-- ===== src/Sql/Descent/Queries.antt =====
-- parser/sql.lalrpop: the recursive descent for names, target lists and labels.
pub mod Sound
pub mod Complete
use kui_ba_db.Base.{
  ℕ, List, [], ◌∷◌, ◌++◌, map, Bytes, Bool, true, false, Option, none, some, ◌==◌, if◌then◌else◌,
}
use kui_ba_db.Base.Text.{to_ascii_lowercase}
use kui_ba_db.Sql.Syntax.{StrVal, in_place, dyn, Expr, ResTarget, SelectStmt}
use kui_ba_db.Sql.Grammar.{Keyword, Token, keyword, lowercase_id, id, punct, Input, step}
use kui_ba_db.Sql.Descent.Actions.{target_at}
use kui_ba_db.Sql.Descent.{Parser, punctuation, sequence, parse_expr}

-- The mark behind a quoted name.
unfoldable pub unquoted : Bytes → Option (ℕ × Input) → Option (StrVal × Input)
unquoted v none = none
unquoted v (some (o, c)) = some (in_place v, c)

unfoldable pub quoted_name : Option (Token × Input) → Option (StrVal × Input)
unfolding unquoted
quoted_name (some (id v, b)) = unquoted v (punctuation (λ o. o == b'"') b)
quoted_name _ = none

unfoldable pub name_from : Option (Token × Input) → Option (StrVal × Input)
unfolding quoted_name
name_from (some (lowercase_id v, b)) = some (in_place v, b)
name_from (some (id v, b)) = some (dyn (map to_ascii_lowercase v), b)
name_from (some (punct o, b)) = if o == b'"' then quoted_name (step b) else none
name_from _ = none

unfoldable pub parse_name : Parser StrVal
unfolding name_from
parse_name a = name_from (step a)

-- The input behind a keyword that stands next.
unfoldable pub is_as : Keyword → Bool
is_as Keyword.as_p = true
is_as _ = false

unfoldable pub behind : (Keyword → Bool) → Option (Token × Input) → Option Input
behind is (some (keyword k, b)) = if is k then some b else none
behind is _ = none

unfoldable pub labelled : Input → Expr → Option (StrVal × Input) → Option (ResTarget × Input)
labelled a x none = none
labelled a x (some (n, d)) = some (target_at a (some n) x d, d)

unfoldable pub with_label : Input → Expr → Input → Option Input → Option (ResTarget × Input)
unfolding labelled
with_label a x b none = some (target_at a none x b, b)
with_label a x b (some c) = labelled a x (parse_name c)

unfoldable pub after_value : Input → Option (Expr × Input) → Option (ResTarget × Input)
unfolding with_label
after_value a none = none
after_value a (some (x, b)) = with_label a x b (behind is_as (step b))

unfoldable pub parse_target : Parser ResTarget
unfolding after_value
parse_target a = after_value a (parse_expr a)

abbrev pub append_target : Input → List ResTarget → ℕ → ResTarget → Input → List ResTarget
append_target a l o t b = l ++ t ∷ []

unfoldable pub parse_targets : Parser (List ResTarget)
parse_targets = sequence (λ o. o == b',') parse_target append_target (λ t. t ∷ [])

-- No targets are read where no target list stands.
unfoldable pub or_empty : {I : Type 0} → Input → Option (List I × Input) → List I × Input
or_empty a none = ([], a)
or_empty a (some r) = r
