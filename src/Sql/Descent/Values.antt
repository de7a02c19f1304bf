-- ===== src/Sql/Descent/Values.antt =====
-- parser/sql.lalrpop: the recursive descent for the names and values of statements.
pub mod Sound
pub mod Complete
use kui_ba_db.Base.{
  ℕ, List, [], ◌∷◌, ◌++◌, Bytes, Bool, true, false, Option, none, some, ok, ◌==◌, if◌then◌else◌,
}
use kui_ba_db.Base.Text.{codes, parse_i32}
use kui_ba_db.Utils.Err.{Fallible}
use kui_ba_db.Sql.Syntax.{
  StrVal, in_place, NumVal, float, neg_num, Value, num, str, AConst, TranStmt, ResTarget, Stmt,
}
use kui_ba_db.Sql.Grammar.{Keyword, Token, keyword, decimal, integer, xb, punct, Input, step}
use kui_ba_db.Sql.Descent.Actions.{unquote, constant_at, with_dot}
use kui_ba_db.Sql.Descent.{Parser, punctuation, sequence, read_integer}
use kui_ba_db.Sql.Descent.Queries.{parse_name, parse_targets, or_empty}

abbrev pub join_name : Input → StrVal → ℕ → StrVal → Input → StrVal
join_name a n o v b = with_dot n v

unfoldable pub parse_var_name : Parser StrVal
parse_var_name = sequence (λ o. o == b'.') parse_name join_name (λ n. n)

abbrev pub append_name : Input → List StrVal → ℕ → StrVal → Input → List StrVal
append_name a l o n b = l ++ n ∷ []

unfoldable pub parse_any_name : Parser (List StrVal)
parse_any_name = sequence (λ o. o == b'.') parse_name append_name (λ n. n ∷ [])

unfoldable pub number_from : Option (Token × Input) → Option (NumVal × Input)
number_from (some (decimal s, b)) = some (float false s, b)
number_from (some (integer s, b)) = some (read_integer s (parse_i32 s), b)
number_from _ = none

unfoldable pub valued : (NumVal → Value) → Input → Option (NumVal × Input) → Option (AConst × Input)
valued make a none = none
valued make a (some (v, b)) = some (constant_at a (make v) b, b)

unfoldable pub negated : Input → Fallible NumVal → Option (NumVal × Input)
negated b (ok w) = some (w, b)
negated b _ = none

-- A sign, and the number behind it.
module _ (debug : Bool) where
  unfoldable pub minus_from : Option (NumVal × Input) → Option (NumVal × Input)
  unfolding negated
  minus_from none = none
  minus_from (some (v, b)) = negated b (neg_num debug v)

  unfoldable pub value_from : Input → Option (Token × Input) → Option (AConst × Input)
  unfolding number_from valued minus_from
  value_from a (some (keyword Keyword.true_p, b)) =
      some (constant_at a (str (in_place (codes "true"))) b, b)
  value_from a (some (keyword Keyword.false_p, b)) =
      some (constant_at a (str (in_place (codes "false"))) b, b)
  value_from a (some (xb s, b)) = some (constant_at a (str (in_place (unquote s))) b, b)
  value_from a (some (decimal s, b)) = valued num a (some (float false s, b))
  value_from a (some (integer s, b)) = valued num a (some (read_integer s (parse_i32 s), b))
  value_from a (some (punct o, b)) =
      if o == b'+'
      then valued num a (number_from (step b))
      else if o == b'-'
      then valued num a (minus_from (number_from (step b)))
      else none
  value_from a _ = none

  -- `TO` or `=`, and the value.
  unfoldable pub setting_from : Option (Token × Input) → Option (AConst × Input)
  unfolding value_from
  setting_from (some (keyword Keyword.to, b)) = value_from b (step b)
  setting_from (some (punct o, b)) = if o == b'=' then value_from b (step b) else none
  setting_from _ = none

· · · · ·

* TASK REQUIREMENTS
Work out how many lines of the material include the word "codes", then answer with that number alone.

* TASK RESULT
3